══ AVAILABLE DATA ══

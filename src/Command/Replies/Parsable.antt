-- ===== src/Command/Replies/Parsable.antt =====
-- The markup of what the handlers send.
use x_sticker_bot.Base.{
  ℕ, ◌==◌, refl, Bool, true, false, List, [], ◌∷◌, ◌++◌, Option, none, some, Bytes, All, inl, inr,
  Option-cases, Bool-cases, All-append, eq_bytes, if◌then◌else◌,
}
use x_sticker_bot.Base.Html.{read, IsMarkup, IsPlain, plain-IsNeutral}
use x_sticker_bot.Telegram.{Sticker, Message, Update}
use x_sticker_bot.Message.{process_started, download_progress, offer_whole_set_download}
use x_sticker_bot.Message.Markup.{messages-IsMarkup, code-IsNeutral}
use x_sticker_bot.Command.Info.{StickerSet, handle_sticker_info}
use x_sticker_bot.Command.Info.Markup.{handle_sticker_info-IsMarkup}
use x_sticker_bot.Command.Services.{
  Fault, Reply, fatal_error, set_not_found, upload_failed, document, progress, progress_deleted,
  progress_edited, partial_download,
}
use x_sticker_bot.Command.Messages.{
  Step, answer_callback, send_hint, send_no_media, send_file_id, try_task, work,
}
use x_sticker_bot.Command.Replies.{
  Outgoing, Request, send_message, delete_message_text, edit_message_text, answer_callback_query,
  upload, send_text, send_progress, delete_message, edit_text, send_with_keyboard_reply, cmd_start,
  cmd_about, cmd_info, step_requests, refusal, reply_requests, sticker_requests, reply_to_message,
}

-- Telegram can parse the text of the request as HTML: its tags and entities are right. Its length
-- is not looked at.
abbrev pub IsParsable : Request → Type 0
IsParsable (send_message m) = IsMarkup m.text
IsParsable (edit_message_text chat id text) = IsMarkup text
IsParsable (delete_message_text chat id) = Unit
IsParsable (answer_callback_query id) = Unit
IsParsable (upload chat path name) = Unit

-- The file ids of Telegram hold no markup.
abbrev pub HasPlainId : Step → Type 0
HasPlainId (send_file_id chat file_id) = IsPlain file_id
HasPlainId _ = Unit

step_requests-IsParsable : (st : Step) → HasPlainId st → All IsParsable (step_requests st)
unfolding step_requests read
step_requests-IsParsable (answer_callback id) h = (tt, tt)
step_requests-IsParsable (send_hint chat) h = ((messages-IsMarkup [] none 0 0 tt).10, tt)
step_requests-IsParsable (send_no_media chat) h = (refl, tt)
step_requests-IsParsable (send_file_id chat file_id) h =
    (code-IsNeutral file_id (plain-IsNeutral file_id h) [], tt)
step_requests-IsParsable (try_task chat uid ws) h = tt
step_requests-IsParsable (work chat w) h = tt

edit_text-IsParsable :
    (chat id : ℕ) (text : Bytes) → IsMarkup text → All IsParsable (edit_text chat id text)
unfolding edit_text
edit_text-IsParsable chat id text h = elim (Bool-cases (id == 0)) [
  | inl none_sent ↦ rw none_sent tt
  | inr sent ↦ rw sent (h, tt)
]

delete_message-IsParsable : (chat id : ℕ) → All IsParsable (delete_message chat id)
unfolding delete_message
delete_message-IsParsable chat id = elim (Bool-cases (id == 0)) [
  | inl none_sent ↦ rw none_sent tt
  | inr sent ↦ rw sent (tt, tt)
]

reply_requests-IsParsable :
    (error_text : Fault → Bytes) (started : Bytes) (chat id : ℕ) (reply : Reply)
    → IsMarkup started
    → All IsParsable (reply_requests error_text started chat id reply)
unfolding reply_requests read
reply_requests-IsParsable error_text started chat id (fatal_error f) h =
    ((messages-IsMarkup [] (some (error_text f)) 0 0 tt).6, tt)
reply_requests-IsParsable error_text started chat id set_not_found h = (refl, tt)
reply_requests-IsParsable error_text started chat id upload_failed h =
    ((messages-IsMarkup [] none 0 0 tt).7, tt)
reply_requests-IsParsable error_text started chat id (document p) h = (tt, tt)
reply_requests-IsParsable error_text started chat id progress h = (h, tt)
reply_requests-IsParsable error_text started chat id progress_deleted h =
    delete_message-IsParsable chat id
reply_requests-IsParsable error_text started chat id (progress_edited n total) h =
    edit_text-IsParsable chat id _ (messages-IsMarkup [] none n total tt).4
reply_requests-IsParsable error_text started chat id (partial_download n total) h =
    ((messages-IsMarkup [] none n total tt).5, tt)

-- The requests of several replies.
abbrev pub all_requests : (Fault → Bytes) → Bytes → ℕ → ℕ → List Reply → List Request
all_requests error_text started chat id [] = []
all_requests error_text started chat id (reply ∷ replies) =
    reply_requests error_text started chat id reply
    ++ all_requests error_text started chat id replies

all_requests-IsParsable :
    (error_text : Fault → Bytes) (started : Bytes) (chat id : ℕ) (replies : List Reply)
    → IsMarkup started
    → All IsParsable (all_requests error_text started chat id replies)
all_requests-IsParsable error_text started chat id [] h = tt
all_requests-IsParsable error_text started chat id (reply ∷ replies) h =
    All-append IsParsable (reply_requests error_text started chat id reply)
      (all_requests error_text started chat id replies)
      (reply_requests-IsParsable error_text started chat id reply h)
      (all_requests-IsParsable error_text started chat id replies h)

sticker_requests-IsParsable :
    (telegram : Outgoing → Option ℕ) (chat : ℕ) (msg : Message) (s : Sticker)
    (replies : List Request)
    → All IsParsable replies
    → All IsParsable (sticker_requests telegram chat msg s replies)
unfolding sticker_requests send_progress send_with_keyboard_reply offer_whole_set_download read
sticker_requests-IsParsable telegram chat msg s replies h =
    let progress_id = (send_progress telegram chat process_started).0 in
    let offer : List Request =
      if eq_bytes s.set_name []
      then []
      else send_with_keyboard_reply chat msg.id offer_whole_set_download.0
          offer_whole_set_download.1 in
    let offered : All IsParsable offer = elim (Bool-cases (eq_bytes s.set_name [])) [
      | inl alone ↦ rw alone tt
      | inr in_set ↦ rw in_set (refl, tt)
    ] in
    (
      (messages-IsMarkup [] none 0 0 tt).3,
      All-append IsParsable replies (delete_message chat progress_id ++ offer) h (
          All-append IsParsable (delete_message chat progress_id) offer
            (delete_message-IsParsable chat progress_id) offered),
    )

command-IsParsable :
    (u : Update) (k : ℕ → List Request)
    → ((chat : ℕ) → All IsParsable (k chat))
    → All IsParsable (reply_to_message u k)
command-IsParsable u k h = elim (Option-cases u.message) [
  | inl e ↦ rw e tt
  | inr (msg, e) ↦ rw e (h msg.chat)
]

-- Telegram can parse as HTML every text that the commands, HandleMessage, HandleStickerInfo, a
-- refused task and the tasks of a sticker, a set and an animation send, the first progress message
-- of each task included, whatever the errors' texts and the titles of sets are, whatever replies a
-- download has led to, and whatever Telegram answers. Nothing is said of the length of a text. (The
-- version and the file ids have no markup in them.)
pub requests-IsParsable :
    (version : Bytes) (u : Update) (st : Step) (chat id total : ℕ) (busy : Bool)
    (telegram : Outgoing → Option ℕ) (msg : Message) (s : Sticker) (error_text : Fault → Bytes)
    (replies : List Reply) (sticker_set : Bytes → Option StickerSet)
    → IsPlain version
    → HasPlainId st
    → All IsParsable (cmd_start u)
      × All IsParsable (cmd_about version u)
      × All IsParsable (cmd_info u)
      × All IsParsable (step_requests st)
      × All IsParsable (refusal chat busy)
      × All IsParsable (
          sticker_requests telegram chat msg s
            (all_requests error_text process_started chat id replies))
      × All IsParsable (all_requests error_text (download_progress 0 total) chat id replies)
      × All IsParsable (all_requests error_text process_started chat id replies)
      × All IsParsable (send_text chat (handle_sticker_info sticker_set s))
unfolding send_text cmd_start cmd_about cmd_info refusal read
requests-IsParsable version u st chat id total busy telegram msg s error_text replies sticker_set h
      k =
    let texts = messages-IsMarkup version none 0 0 h in
    (
      command-IsParsable u _ (λ c. (texts.0, tt)),
      command-IsParsable u _ (λ c. (texts.1, tt)),
      command-IsParsable u _ (λ c. (refl, tt)),
      step_requests-IsParsable st k,
      elim busy as (λ b. All IsParsable (refusal chat b)) [
        | true ↦ (texts.9, tt)
        | false ↦ (texts.8, tt)
      ],
      sticker_requests-IsParsable telegram chat msg s
          (all_requests error_text process_started chat id replies)
          (all_requests-IsParsable error_text process_started chat id replies texts.3),
      all_requests-IsParsable error_text (download_progress 0 total) chat id replies
          (messages-IsMarkup [] none 0 total tt).4,
      all_requests-IsParsable error_text process_started chat id replies texts.3,
      (handle_sticker_info-IsMarkup sticker_set s, tt),
    )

═══

▶ _WORK REQUIRED_
Pull every line containing the string "document" out of the data above and copy it.

▶ _OUTPUT FOR THIS TASK_
  Fault, Reply, fatal_error, set_not_found, upload_failed, document, progress, progress_deleted,
reply_requests-IsParsable error_text started chat id (document p) h = (tt, tt)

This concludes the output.